By the way, we have PSB Alphas in our condo, running through our Pioneer Elite receiver. I bought the PSBs back in the early 90s and still love them. When we bought our receiver last year (Yamaha that I bought with the speakers had finally given up), I was very pleased to see that they still make the line. I'd like a bit more bass, but the Admiral keeps reminding me that we live in a condo in the city and have neighbors.


----------



## ckgreenman (Aug 22, 2008)

A quick search for "clarion marine" on ebay returns several good deals on clarion Marine grade systems. I even saw a couple CMD5 (the top of the line I think) headunits for under $200 with IR remote and free shipping. You can also add the clarion remote display/control (hardwired) and have control in the cockpit while the unit is inside. You can also get an iPod interface that allows you to control the ipod as well.

There are other lower cost models but $177 for a CMD5 is REALLY good. I ALMOST bought one just in case I actually get a new boat.


----------



## Maine Sail (Jan 6, 2003)

*I agree*

I agree with Cam the 151 SE speakers are glorified junk. The older 151 Environmental is a much better speaker and they can be purchased at Sam's and BJ's. They are also a 4 ohm rated speaker, not 8 ohm and are quite efficient.

Contrary to what Cam suggests I always suggest using 4 ohm speakers with a car stereo to reduce battery consumption. Let me explain and show why;

Rather than belabor the point I performed a very "real world" test to show why 8 ohm speakers will consume more battery power when run off a car stereo.

For this experiment I used a Trojan deep cycle battery on a charger connected through my multimeter to the stereo set to monitor DC amps. For the test I used two different pairs of speakers a set of KEF 8 Ohm and a set of Symphony 4 ohm speakers. KEF's have always been notorious for being inefficient in terms of SPL ratings and that shows to be true. Yes you can find more efficient 8 ohm speakers but it still does not change the outcome a whole lot. Both speakers were bookshelf type speakers I had kicking around the barn. If I had to guess I'd say the KEF's are about an 87db efficient rated speaker and the Symphony's are about a 92db efficient speaker, but this is just a guess. Regardless of efficiency the 8 ohm speakers use more power at the same exact volume setting and the DVM and SPL meter's are impartial.

The source audio, to be fair and consistent, was a white noise audio test CD that puts out a constant volume and is used to set up home or professional audio systems. Because this is a fixed frequency test CD the power output requirements remain level and constant, unlike a music CD where the volume and amp requirements are constantly changing. Along with measuring DC amps I also measured the sound pressure level with my SPL meter that I use to set up and balance my home theater system.

Below are two very simple photos.

In this first photo the Kenwood stereo is powering the set or 4 ohm rated speakers and the volume is set to 27 the power consumed at volume 27 is 1.62 amps and the SPL meter reads 103db. The SPL was hoovering between 103 & 102 (mostly 102) so to be fair I'll call it 102db not 103db..

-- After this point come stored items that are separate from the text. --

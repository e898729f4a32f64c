-- ===== src/Forward.antt =====
-- L3 forwarding with NAPT, src/forward.rs: the neighbor tables, the classification of frames, the
-- rewrite of addresses and the forwarding device.
pub mod Neighbor
pub mod Config
pub mod Napt
pub mod Device
mod Tests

In this second photo the Kenwood stereo is powering the set of KEF 8 ohm rated speakers and the volume is also set to 27. The power consumed at volume 27 is 2.12 amps. The SPL meter reads 94 db but to be fair it was hoovering between 95 and 94 (mostly 95) and I happened to catch it at 94. I think it is fair to call it 95db. It should be noted that this is NOT an ideal location for an SPL meter but it was in the same location for both sets of speakers. Unfortunately to catch it all with the camera it needed to be where it was..









At the same volume setting the 8 ohm speakers produced less volume output and consumed roughly 131% more current than the 4 ohm speakers did. While all speakers will be slightly different it is safe to say that 8 ohm speakers will draw more current at a given volume than a comparable set of 4 ohm speakers.

The meters used are 100% impartial. That's why I used an SPL meter because my ears, while fairly good, can't determine a 1db difference in output volume. All things were tested exactly equal at a steady voltage input and the same stereo volume setting and test tone CD....

Car stereos on boats will consume less power using 4 ohm rated speakers and will also generally play a little louder at teh same input volume.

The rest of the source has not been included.